## WORK REQUEST
From the listing below, set down exactly the lines between the one holding "value_end_lem a c blanks rest zero" and the one holding "value_end_lem a c blanks rest (suc", inclusive. No other line is wanted.

━━ DATA EXTRACT

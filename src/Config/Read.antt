-- ===== src/Config/Read.antt =====
-- `config_read_init`, `config_read_line`, `config_read_finish` and `strip_spaces` of config.c.
pub mod Lines
pub mod Laws
use router1_app.Prelude.{
  ℕ, bit_or, Bool, true, false, not, ◌||◌, Option, none, some, List, [], ◌∷◌, ◌==◌, if◌then◌else◌,
  Bytes, codes, Outcome, ok, fail, length,
}
use router1_app.Libc.{strncasecmp_eq, split_first}
use router1_app.Ctype.{char_is_space}
use router1_app.Containers.{Peer, Device, zero_device}
use router1_app.Containers.Flags.{has}
use router1_app.Containers.DeviceFlag
use router1_app.Containers.PeerFlag
use router1_app.Config.Host.{Host}
use router1_app.Config.Line.{Ctx, process_line}
use router1_app.Config.Clean.{clean_special_handshake_line}

-- The characters that are no white space.
unfoldable pub strip_spaces : Bytes → Bytes
unfolding char_is_space
strip_spaces [] = []
strip_spaces (c ∷ text) = if not (char_is_space c) then c ∷ strip_spaces text else strip_spaces text

abbrev pub comment_char : ℕ
comment_char = b'#'

-- `len`: what stands before the comment.
abbrev pub before_comment : Bytes → Option (Bytes × Bytes) → Bytes
before_comment input none = input
before_comment input (some (before, after)) = before

abbrev pub awg_special_handshake_keys : List Bytes
awg_special_handshake_keys = codes "I1" ∷ codes "I2" ∷ codes "I3" ∷ codes "I4" ∷ codes "I5" ∷ []

unfoldable pub is_special : List Bytes → Bytes → Bool
unfolding strncasecmp_eq
is_special [] input = false
is_special (k ∷ keys) input = strncasecmp_eq 2 input k || is_special keys input

-- `line` as it is handed to `process_line`.
unfoldable pub cleaned_line : Bytes → Bytes
unfolding split_first is_special strip_spaces clean_special_handshake_line
cleaned_line input =
    let text = before_comment input (split_first comment_char input) in
    if is_special awg_special_handshake_keys input
    then clean_special_handshake_line input (length text)
    else strip_spaces text

unfoldable pub config_read_line : Host → ℕ → Ctx → Bytes → Outcome Ctx
unfolding cleaned_line process_line
config_read_line h fuel ctx input =
    let line = cleaned_line input in
    if length line == 0 then ok ctx else process_line h fuel ctx line

unfoldable pub config_read_init : Bool → Ctx
config_read_init append =
    let flags =
      if append
      then 0
      else bit_or 0 (
          bit_or (bit_or DeviceFlag.replace_peers DeviceFlag.has_private_key)
            DeviceFlag.has_fwmark) in
    record {
      device = record zero_device { flags = flags };
      is_peer_section = false;
      is_device_section = false;
    }

unfoldable pub all_have_key : List Peer → Bool
all_have_key [] = true
all_have_key (p ∷ peers) =
    if not (has p.flags PeerFlag.has_public_key) then false else all_have_key peers

-- The device, unless a peer is missing a public key.
unfoldable pub config_read_finish : Ctx → Outcome Device
unfolding all_have_key
config_read_finish ctx = if all_have_key ctx.device.peers then ok ctx.device else fail
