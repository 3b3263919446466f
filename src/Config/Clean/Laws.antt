-- ===== src/Config/Clean/Laws.antt =====
-- What `clean_special_handshake_line` keeps of `key = value`.
use router1_app.Prelude.{
  ℕ, zero, suc, ◌+◌, ◌≤◌, ◌<◌, ◌≡◌, refl, ap, Bool, true, false, ◌&&◌, [], ◌∷◌, ◌++◌, arith, Bytes,
  length, take, sym, ◌∙◌, not, if◌then◌else◌,
}
use router1_app.Libc.{char_at}
use router1_app.Libc.Split.{lacks}
use router1_app.Ctype.{char_is_space}
use router1_app.Config.Read.{strip_spaces}
use router1_app.Config.Clean.{value_end, clean_loop, clean_special_handshake_line}

-- A text of blanks.
abbrev pub are_spaces : Bytes → Bool
are_spaces [] = true
are_spaces (c ∷ text) = char_is_space c && are_spaces text

-- The index i of what stands behind a text.
abbrev behind : Bytes → ℕ → ℕ
behind [] i = i
behind (c ∷ a) i = suc (behind a i)

behind-suc : (a : Bytes) (i : ℕ) → behind a (suc i) ≡ suc (behind a i)
behind-suc [] i = refl
behind-suc (c ∷ a) i = ap suc (behind-suc a i)

behind-length : (a : Bytes) (i : ℕ) → behind a i ≡ length a + i
behind-length [] i = omega arith
behind-length (c ∷ a) i = omega (arith, behind-length a i)

char_at-behind : (a text : Bytes) (i : ℕ) → char_at (a ++ text) (behind a i) ≡ char_at text i
char_at-behind [] text i = refl
char_at-behind (c ∷ a) text i = char_at-behind a text i

char_at-are_spaces :
    (blanks rest : Bytes) (i : ℕ)
    → are_spaces blanks ≡ true
    → i < length blanks
    → char_is_space (char_at (blanks ++ rest) i) ≡ true
char_at-are_spaces [] rest i h lt = absurd (omega arith)
char_at-are_spaces (c ∷ blanks) rest zero h lt = ground arith
char_at-are_spaces (c ∷ blanks) rest (suc i) h lt =
    char_at-are_spaces blanks rest i (ground arith) (omega arith)

take-behind : (a : Bytes) (c : ℕ) (text : Bytes) → take (behind a 1) (a ++ c ∷ text) ≡ a ++ c ∷ []
take-behind [] c text = refl
take-behind (x ∷ a) c text = ap (λ (t : Bytes). x ∷ t) (take-behind a c text)

value_end_step :
    (input : Bytes) (i : ℕ)
    → value_end input (suc i)
      ≡ (if not (char_is_space (char_at input i)) then suc i else value_end input i)
unfolding value_end
value_end_step input i = refl

-- The first pass stops behind the last character that is no blank.
value_end_lem :
    (a : Bytes) (c : ℕ) (blanks rest : Bytes) (k : ℕ)
    → char_is_space c ≡ false
    → are_spaces blanks ≡ true
    → k ≤ length blanks
    → value_end (a ++ c ∷ (blanks ++ rest)) (behind a (suc k)) ≡ behind a 1
value_end_lem a c blanks rest zero n h lt =
    let input = a ++ c ∷ (blanks ++ rest) in
    let here : char_at input (behind a 0) ≡ c = char_at-behind a (c ∷ (blanks ++ rest)) 0 in
    ap (λ (t : ℕ). value_end input t) (behind-suc a 0)
    ∙ value_end_step input (behind a 0)
    ∙ rw (here, n) (sym (behind-suc a 0))
value_end_lem a c blanks rest (suc k) n h lt =
    let input = a ++ c ∷ (blanks ++ rest) in
    let here : char_is_space (char_at input (behind a (suc k))) ≡ true =
      ap char_is_space (char_at-behind a (c ∷ (blanks ++ rest)) (suc k))
      ∙ char_at-are_spaces blanks rest k h (omega arith) in
    ap (λ (t : ℕ). value_end input t) (behind-suc a (suc k))
    ∙ value_end_step input (behind a (suc k))
    ∙ rw here (value_end_lem a c blanks rest k n h (omega arith))

clean_loop_value : (text : Bytes) → clean_loop true true text ≡ text
unfolding clean_loop
clean_loop_value [] = refl
clean_loop_value (c ∷ text) = ap (λ (t : Bytes). c ∷ t) (clean_loop_value text)

clean_loop_blanks :
    (blanks : Bytes) (v : ℕ) (value : Bytes)
    → are_spaces blanks ≡ true
    → char_is_space v ≡ false
    → clean_loop true false (blanks ++ v ∷ value) ≡ v ∷ value
unfolding clean_loop
clean_loop_blanks [] v value h n = rw n (ap (λ (t : Bytes). v ∷ t) (clean_loop_value value))
clean_loop_blanks (c ∷ blanks) v value h n = ground (arith, clean_loop_blanks blanks v value)

clean_loop_key :
    (key : Bytes) (value : Bytes)
    → lacks b'=' key ≡ true
    → clean_loop false false (key ++ b'=' ∷ value)
      ≡ strip_spaces key ++ b'=' ∷ clean_loop true false value
unfolding clean_loop strip_spaces
clean_loop_key [] value h = refl
clean_loop_key (c ∷ key) value h = ground (arith, clean_loop_key key value)

-- A line `key = value` loses the blanks within the key, around the equals sign and behind the value,
-- and what follows; the blanks within the value stay. `text` is all but the last character of what is
-- kept of the line, c that character and v the first one of the value, neither a blank.
pub clean_special_handshake_line_lem :
    (key before value text after rest : Bytes) (v c : ℕ)
    → text ++ c ∷ [] ≡ key ++ b'=' ∷ (before ++ v ∷ value)
    → lacks b'=' key ≡ true
    → are_spaces before ≡ true
    → char_is_space v ≡ false
    → char_is_space c ≡ false
    → are_spaces after ≡ true
    → clean_special_handshake_line (text ++ c ∷ (after ++ rest)) (length text + suc (length after))
      ≡ strip_spaces key ++ b'=' ∷ v ∷ value
unfolding clean_special_handshake_line
clean_special_handshake_line_lem key before value text after rest v c split k b first last a =
    let input = text ++ c ∷ (after ++ rest) in
    let stop : value_end input (length text + suc (length after)) ≡ behind text 1 =
      ap (λ (t : ℕ). value_end input t) (sym (behind-length text (suc (length after))))
      ∙ value_end_lem text c after rest (length after) last a (omega arith) in
    let kept : take (value_end input (length text + suc (length after))) input
        ≡ key ++ b'=' ∷ (before ++ v ∷ value) =
      ap (λ (t : ℕ). take t input) stop ∙ take-behind text c (after ++ rest) ∙ split in
    ap (λ (t : Bytes). clean_loop false false t) kept
    ∙ clean_loop_key key (before ++ v ∷ value) k
    ∙ ap (λ (t : Bytes). strip_spaces key ++ b'=' ∷ t) (clean_loop_blanks before v value b first)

━━━━

## WORKED SOLUTION
value_end_lem a c blanks rest zero n h lt =
    let input = a ++ c ∷ (blanks ++ rest) in
    let here : char_at input (behind a 0) ≡ c = char_at-behind a (c ∷ (blanks ++ rest)) 0 in
    ap (λ (t : ℕ). value_end input t) (behind-suc a 0)
    ∙ value_end_step input (behind a 0)
    ∙ rw (here, n) (sym (behind-suc a 0))
value_end_lem a c blanks rest (suc k) n h lt =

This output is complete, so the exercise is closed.